The default input language is the input language that is active when a new application thread is started. Switching to a different input language is done on a per-thread basis; you can have two different input languages in two different applications. The taskbar indicates which input language is currently active. For example, in Figure 5-2, English is the input language that is currently active. When the user clicks the language indicator in the taskbar-each language is represented by its two-letter abbreviation-Windows 2000 and Windows XP present a list of alternatives such as Japanese, French (Canada), and so on.

Figure 2: List of available input languages, with English being the one that is currently active for this particular user.

Figure 2: List of available input languages, with English being the one that is currently active for this particular user.

The shortcut keys iterate through the list of installed language and method pairs in the order in which they were added via the Regional And Language Options property sheet. If the user has selected Left Alt+Shift in the Advanced Key Settings dialog box, Left Alt+Shift will allow the user to toggle between different installed input languages.

Figure 3: Switching between various input languages in Windows XP.

Figure 3: Switching between various input languages in Windows XP.

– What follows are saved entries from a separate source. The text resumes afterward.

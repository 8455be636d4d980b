-- ===== src/Aodv/Reply/Answered.antt =====
-- The reply that SendCollectedRrep sends.
use aqua_sim_ng.Address.{address_key}
use aqua_sim_ng.Aodv.Header.{uwaodv_rrep}
use aqua_sim_ng.Aodv.Reply.{reply_to_candidate, rrep_packet, send_rrep_via, transmit_rrep}
use aqua_sim_ng.Aodv.Send.{create_packet, send_down}
use aqua_sim_ng.Aodv.State.{
  AodvPacket, Effect, Env, Node, RequestKey, RreqCandidate, RreqCollection, inc32, request_key,
  transmit,
}
use aqua_sim_ng.Aodv.Table.{update_route}
use aqua_sim_ng.Aodv.Table.Frame.{update_route-routes}
use aqua_sim_ng.Packet.{down}
use aqua_sim_ng.Prelude.{
  ==_iff, Bool-cases, List, ap, arith, inl, inr, none, refl, true, ℕ, ◌<◌, ◌==◌, ◌∙◌, ◌∷◌, ◌≡◌,
}
use aqua_sim_ng.Prelude.KeySet.{KeySet, contains, contains-include_self, include}
use aqua_sim_ng.Prelude.Map.{Map, erase, find, find-erase_self}

-- A reply of a node about itself, handed down as the last thing.
pub record IsReply (origin next_hop address : ℕ) (before : List Effect) (r : Node) : Type 0 where
  pub packet : AodvPacket
  pub sent : r.out ≡ transmit 0 packet ∷ before
  pub type_is : packet.aodv.type ≡ uwaodv_rrep
  pub next_hop_is : packet.ash.next_hop ≡ next_hop
  pub origin_is : packet.aodv.origin ≡ origin
  pub about : packet.aodv.destination ≡ address
  pub no_hops : packet.aodv.hop_count ≡ 0
  pub number_is : packet.aodv.dest_seq_no ≡ r.sequence_number
  pub numbered : 0 < r.sequence_number

-- What a node does besides.
record Replied (origin next_hop : ℕ) (n r : Node) : Type 0 where
  pub reply : IsReply origin next_hop n.address n.out r
  pub routes : r.route_table ≡ n.route_table
  pub seen : r.seen_rreqs ≡ n.seen_rreqs
  pub collections : r.rreq_collections ≡ n.rreq_collections

transmit-Replied :
    (env : Env) (origin next_hop lifetime : ℕ) (n : Node)
    → 0 < n.sequence_number
    → Replied origin next_hop n
        (transmit_rrep env origin n.address next_hop 0 n.sequence_number lifetime n)
unfolding transmit_rrep create_packet send_down
transmit-Replied env origin next_hop lifetime n pos =
    let m = create_packet env n in
    let p = rrep_packet env m.0 origin n.address next_hop 0 n.sequence_number lifetime m.1 in
    record {
      reply = record {
        packet = record p {
          ash = record (p.ash) { direction = down; next_hop = next_hop; s_addr = n.address };
        };
        sent = refl;
        type_is = refl;
        next_hop_is = refl;
        origin_is = refl;
        about = refl;
        no_hops = refl;
        number_is = refl;
        numbered = pos;
      };
      routes = refl;
      seen = refl;
      collections = refl;
    }

-- SendRrep about the node itself.
via-Replied :
    (env : Env) (origin next_hop : ℕ) (n : Node)
    → Replied origin next_hop n (send_rrep_via env origin n.address next_hop n)
unfolding send_rrep_via
via-Replied env origin next_hop n =
    let here = (==_iff n.address n.address).1 refl in
    elim (Bool-cases (n.sequence_number == 0)) [
      | inl e ↦
          let m = record n { sequence_number = inc32 n.sequence_number } in
          let t = transmit-Replied env origin next_hop n.route_lifetime m (ground (arith, e)) in
          rw (here, send_rrep_via)
            (rw (e, send_rrep_via)
              (record {
                reply = t.reply;
                routes = t.routes;
                seen = t.seen;
                collections = t.collections;
              }))
      | inr e ↦
          rw (here, send_rrep_via)
            (rw (e, send_rrep_via)
              (transmit-Replied env origin next_hop n.route_lifetime n (ground (arith, e))))
    ]

-- The node after its answer to a candidate: the reverse route is updated, the request is seen and no
-- longer collected.
pub record Answered (env : Env) (key : RequestKey) (best : RreqCandidate) (n : Node)
    (before : List Effect) (r : Node) : Type 0 where
  pub reply : IsReply key.first best.previous_hop n.address before r
  pub routes :
      r.route_table
      ≡ (update_route env.now key.first best.previous_hop best.hop_count best.origin_seq_no true
          n.route_lifetime n).route_table
  pub seen : contains key r.seen_rreqs ≡ true
  pub collected : find key r.rreq_collections ≡ none

module _ (now d next_hop hop_count seq_no lifetime : ℕ) (n : Node)
    (cs : Map RequestKey RreqCollection) (ks : KeySet RequestKey) where
  abbrev other : Node
  other = record n { rreq_collections = cs; seen_rreqs = ks }

  -- UpdateRoute looks at neither the requests seen nor those collected, and schedules nothing.
  update_other :
      ((update_route now d next_hop hop_count seq_no true lifetime other).out ≡ n.out)
      × ((update_route now d next_hop hop_count seq_no true lifetime other).route_table
          ≡ (update_route now d next_hop hop_count seq_no true lifetime n).route_table)
  unfolding update_route
  update_other = (ground arith, ground arith)

pub reply-Answered :
    (env : Env) (key : RequestKey) (best : RreqCandidate) (n : Node)
    → Answered env key best n n.out (reply_to_candidate env key best n)
unfolding reply_to_candidate
reply-Answered env key best n =
    let cs = erase key n.rreq_collections in
    let ks = include key n.seen_rreqs in
    let m = record n { rreq_collections = cs; seen_rreqs = ks } in
    let m' =
      update_route env.now key.first best.previous_hop best.hop_count best.origin_seq_no true
        m.route_lifetime m in
    let u =
      update_route-routes env.now key.first best.previous_hop best.hop_count best.origin_seq_no true
        m.route_lifetime m in
    let (out, table) =
      update_other env.now key.first best.previous_hop best.hop_count best.origin_seq_no
        n.route_lifetime n cs ks in
    let v = via-Replied env key.first best.previous_hop m' in
    record {
      reply = record {
        packet = v.reply.packet;
        sent = v.reply.sent ∙ ap (λ o. transmit 0 v.reply.packet ∷ o) out;
        type_is = v.reply.type_is;
        next_hop_is = v.reply.next_hop_is;
        origin_is = v.reply.origin_is;
        about = v.reply.about ∙ u.address;
        no_hops = v.reply.no_hops;
        number_is = v.reply.number_is;
        numbered = v.reply.numbered;
      };
      routes = v.routes ∙ table;
      seen = ap (contains key) (v.seen ∙ u.seen_rreqs) ∙ contains-include_self key n.seen_rreqs;
      collected =
          ap (find key) (v.collections ∙ u.rreq_collections)
          ∙ find-erase_self key n.rreq_collections;
    }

Having gained an understanding of how the user can customize a list of input languages and switch from one input language to another, you’ll now see the most efficient ways to work with input languages from a developer’s standpoint. Taking advantage of system support will go a long way toward making your job easier.

Input Method Editors

IMEs are components that allow the user to enter the thousands of different characters used in East Asian languages using a standard 101-key keyboard. The user composes each character in one of several ways: by radical, by phonetic representation, or by typing in the character’s numeric code-page index. IMEs are widely available; Windows 2000 and Windows XP ship with standard IMEs that are based on the most popular input methods used in each target country, and a number of third-party vendors sell IME packages.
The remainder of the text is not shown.